[Source records]
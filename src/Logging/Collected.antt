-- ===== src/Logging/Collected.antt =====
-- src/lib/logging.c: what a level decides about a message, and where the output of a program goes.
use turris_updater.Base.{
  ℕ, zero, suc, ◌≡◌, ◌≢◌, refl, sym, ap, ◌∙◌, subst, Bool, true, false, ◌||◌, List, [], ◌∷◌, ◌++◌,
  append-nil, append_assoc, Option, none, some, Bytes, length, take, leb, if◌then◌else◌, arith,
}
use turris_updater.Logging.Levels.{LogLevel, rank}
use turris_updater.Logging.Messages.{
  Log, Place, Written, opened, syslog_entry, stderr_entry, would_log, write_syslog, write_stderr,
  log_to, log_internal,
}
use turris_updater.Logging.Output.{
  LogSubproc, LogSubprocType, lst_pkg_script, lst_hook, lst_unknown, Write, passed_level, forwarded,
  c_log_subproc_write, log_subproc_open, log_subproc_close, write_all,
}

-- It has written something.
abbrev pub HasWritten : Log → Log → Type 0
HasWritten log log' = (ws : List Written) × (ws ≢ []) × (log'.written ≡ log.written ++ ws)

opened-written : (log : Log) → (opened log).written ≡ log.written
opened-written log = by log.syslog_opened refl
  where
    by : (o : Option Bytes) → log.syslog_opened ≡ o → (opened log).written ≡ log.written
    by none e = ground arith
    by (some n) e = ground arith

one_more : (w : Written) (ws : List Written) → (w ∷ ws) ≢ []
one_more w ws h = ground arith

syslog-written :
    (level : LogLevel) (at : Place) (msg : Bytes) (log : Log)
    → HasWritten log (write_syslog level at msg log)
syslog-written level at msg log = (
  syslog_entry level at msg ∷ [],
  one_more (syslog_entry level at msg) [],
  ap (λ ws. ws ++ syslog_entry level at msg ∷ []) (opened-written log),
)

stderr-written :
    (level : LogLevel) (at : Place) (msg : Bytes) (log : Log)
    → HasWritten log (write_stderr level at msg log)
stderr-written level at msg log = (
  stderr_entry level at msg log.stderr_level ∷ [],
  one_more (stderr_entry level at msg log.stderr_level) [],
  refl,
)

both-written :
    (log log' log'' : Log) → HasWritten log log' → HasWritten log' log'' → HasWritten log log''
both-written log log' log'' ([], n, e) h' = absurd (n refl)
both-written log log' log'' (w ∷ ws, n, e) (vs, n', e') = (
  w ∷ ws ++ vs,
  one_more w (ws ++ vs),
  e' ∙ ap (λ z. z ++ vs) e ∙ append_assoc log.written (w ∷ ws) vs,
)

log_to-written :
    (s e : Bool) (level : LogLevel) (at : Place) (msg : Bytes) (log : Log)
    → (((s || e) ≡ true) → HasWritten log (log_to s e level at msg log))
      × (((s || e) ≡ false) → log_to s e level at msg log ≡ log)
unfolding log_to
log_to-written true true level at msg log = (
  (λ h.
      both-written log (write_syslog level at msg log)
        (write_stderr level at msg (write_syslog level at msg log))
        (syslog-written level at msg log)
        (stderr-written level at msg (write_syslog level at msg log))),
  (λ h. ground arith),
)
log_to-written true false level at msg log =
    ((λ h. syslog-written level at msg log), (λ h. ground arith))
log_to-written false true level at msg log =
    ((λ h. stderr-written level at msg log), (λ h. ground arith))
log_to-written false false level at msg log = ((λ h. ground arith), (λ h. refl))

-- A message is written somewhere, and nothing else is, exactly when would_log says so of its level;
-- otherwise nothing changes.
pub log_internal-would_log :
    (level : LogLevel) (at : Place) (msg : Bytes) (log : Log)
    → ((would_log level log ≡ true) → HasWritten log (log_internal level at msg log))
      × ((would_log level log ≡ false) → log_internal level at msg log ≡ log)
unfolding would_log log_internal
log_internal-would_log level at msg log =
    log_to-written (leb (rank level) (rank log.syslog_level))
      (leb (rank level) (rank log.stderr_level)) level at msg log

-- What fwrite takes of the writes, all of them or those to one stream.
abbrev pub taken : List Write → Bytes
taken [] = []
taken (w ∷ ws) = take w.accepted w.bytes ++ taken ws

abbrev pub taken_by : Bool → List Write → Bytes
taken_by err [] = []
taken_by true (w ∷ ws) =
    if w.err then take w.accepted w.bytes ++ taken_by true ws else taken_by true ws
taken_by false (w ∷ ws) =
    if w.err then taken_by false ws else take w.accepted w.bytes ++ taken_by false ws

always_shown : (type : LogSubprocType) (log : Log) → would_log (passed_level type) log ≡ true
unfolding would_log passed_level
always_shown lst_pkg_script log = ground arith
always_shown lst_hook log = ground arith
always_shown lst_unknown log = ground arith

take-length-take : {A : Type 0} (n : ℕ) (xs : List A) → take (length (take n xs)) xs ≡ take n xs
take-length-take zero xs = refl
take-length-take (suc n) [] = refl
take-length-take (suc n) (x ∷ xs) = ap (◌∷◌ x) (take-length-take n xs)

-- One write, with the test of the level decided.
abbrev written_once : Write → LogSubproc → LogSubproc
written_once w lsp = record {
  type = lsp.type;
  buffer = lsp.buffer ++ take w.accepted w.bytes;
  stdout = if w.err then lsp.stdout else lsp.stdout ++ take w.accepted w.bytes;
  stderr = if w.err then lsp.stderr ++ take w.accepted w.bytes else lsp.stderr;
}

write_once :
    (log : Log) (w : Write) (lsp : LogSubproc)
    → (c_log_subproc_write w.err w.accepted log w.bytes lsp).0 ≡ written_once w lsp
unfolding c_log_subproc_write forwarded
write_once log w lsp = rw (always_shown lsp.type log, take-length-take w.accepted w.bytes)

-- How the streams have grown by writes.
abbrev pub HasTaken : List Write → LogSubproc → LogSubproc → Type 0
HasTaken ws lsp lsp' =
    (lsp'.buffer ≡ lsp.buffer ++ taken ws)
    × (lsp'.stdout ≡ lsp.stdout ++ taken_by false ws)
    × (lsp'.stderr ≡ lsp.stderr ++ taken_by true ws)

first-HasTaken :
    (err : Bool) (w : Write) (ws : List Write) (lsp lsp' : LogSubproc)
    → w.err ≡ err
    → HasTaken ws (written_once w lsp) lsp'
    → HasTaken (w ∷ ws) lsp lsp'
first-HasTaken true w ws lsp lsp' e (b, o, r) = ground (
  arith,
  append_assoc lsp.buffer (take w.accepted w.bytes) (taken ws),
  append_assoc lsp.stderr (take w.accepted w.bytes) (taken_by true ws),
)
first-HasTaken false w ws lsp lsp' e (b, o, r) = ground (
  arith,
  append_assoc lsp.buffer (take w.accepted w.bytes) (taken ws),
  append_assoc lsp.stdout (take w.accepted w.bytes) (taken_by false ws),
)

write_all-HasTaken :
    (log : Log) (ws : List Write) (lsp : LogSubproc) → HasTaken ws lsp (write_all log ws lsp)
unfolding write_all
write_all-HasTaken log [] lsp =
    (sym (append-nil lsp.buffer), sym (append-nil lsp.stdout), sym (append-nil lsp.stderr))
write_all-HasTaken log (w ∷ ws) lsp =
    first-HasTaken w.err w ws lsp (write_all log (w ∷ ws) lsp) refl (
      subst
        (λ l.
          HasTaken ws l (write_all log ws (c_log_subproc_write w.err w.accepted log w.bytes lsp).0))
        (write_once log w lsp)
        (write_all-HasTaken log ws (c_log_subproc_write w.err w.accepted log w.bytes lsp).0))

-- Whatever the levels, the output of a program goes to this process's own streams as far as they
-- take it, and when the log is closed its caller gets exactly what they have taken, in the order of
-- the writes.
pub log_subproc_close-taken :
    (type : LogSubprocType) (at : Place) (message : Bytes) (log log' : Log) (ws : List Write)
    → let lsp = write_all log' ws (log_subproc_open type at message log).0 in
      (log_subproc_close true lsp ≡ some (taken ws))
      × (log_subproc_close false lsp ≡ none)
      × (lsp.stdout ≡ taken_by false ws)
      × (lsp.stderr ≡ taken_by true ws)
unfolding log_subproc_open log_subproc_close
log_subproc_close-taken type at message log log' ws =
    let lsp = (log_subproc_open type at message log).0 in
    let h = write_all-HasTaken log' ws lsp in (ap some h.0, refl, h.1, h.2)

---

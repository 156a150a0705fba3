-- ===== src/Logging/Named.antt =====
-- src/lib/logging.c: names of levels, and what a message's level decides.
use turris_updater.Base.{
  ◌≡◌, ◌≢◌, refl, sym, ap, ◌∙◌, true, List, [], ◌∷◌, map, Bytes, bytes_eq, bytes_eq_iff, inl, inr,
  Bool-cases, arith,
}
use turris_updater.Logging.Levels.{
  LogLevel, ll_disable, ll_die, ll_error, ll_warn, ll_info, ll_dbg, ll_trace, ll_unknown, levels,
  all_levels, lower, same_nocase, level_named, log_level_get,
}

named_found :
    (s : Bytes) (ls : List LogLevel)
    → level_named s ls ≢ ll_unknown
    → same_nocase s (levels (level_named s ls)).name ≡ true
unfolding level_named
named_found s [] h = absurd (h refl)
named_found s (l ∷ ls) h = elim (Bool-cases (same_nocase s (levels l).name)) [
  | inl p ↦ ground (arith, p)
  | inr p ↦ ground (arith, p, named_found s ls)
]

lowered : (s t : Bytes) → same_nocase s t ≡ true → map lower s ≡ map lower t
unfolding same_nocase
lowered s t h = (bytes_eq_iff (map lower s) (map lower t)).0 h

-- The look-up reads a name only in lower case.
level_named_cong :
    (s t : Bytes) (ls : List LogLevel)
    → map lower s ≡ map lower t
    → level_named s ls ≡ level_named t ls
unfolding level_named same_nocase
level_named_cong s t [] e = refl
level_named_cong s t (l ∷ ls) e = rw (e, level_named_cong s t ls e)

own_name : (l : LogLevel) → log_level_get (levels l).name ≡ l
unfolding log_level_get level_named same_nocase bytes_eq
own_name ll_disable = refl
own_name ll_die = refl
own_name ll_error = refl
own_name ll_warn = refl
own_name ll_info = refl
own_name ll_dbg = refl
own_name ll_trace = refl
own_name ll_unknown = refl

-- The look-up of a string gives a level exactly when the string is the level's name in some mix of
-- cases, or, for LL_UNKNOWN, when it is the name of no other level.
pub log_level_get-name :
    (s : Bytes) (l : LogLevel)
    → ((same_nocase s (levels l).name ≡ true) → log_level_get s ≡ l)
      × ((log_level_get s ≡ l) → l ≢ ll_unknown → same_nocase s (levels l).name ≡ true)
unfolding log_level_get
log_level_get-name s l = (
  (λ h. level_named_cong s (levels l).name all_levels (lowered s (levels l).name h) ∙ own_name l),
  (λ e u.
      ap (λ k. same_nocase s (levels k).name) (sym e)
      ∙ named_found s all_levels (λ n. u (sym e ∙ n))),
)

## What is required:
Search the lines above for the string "LogSubprocType", then show every one that has it.

## Result:
  LogSubproc, LogSubprocType, lst_pkg_script, lst_hook, lst_unknown, Write, passed_level, forwarded,
always_shown : (type : LogSubprocType) (log : Log) → would_log (passed_level type) log ≡ true
    (type : LogSubprocType) (at : Place) (message : Bytes) (log log' : Log) (ws : List Write)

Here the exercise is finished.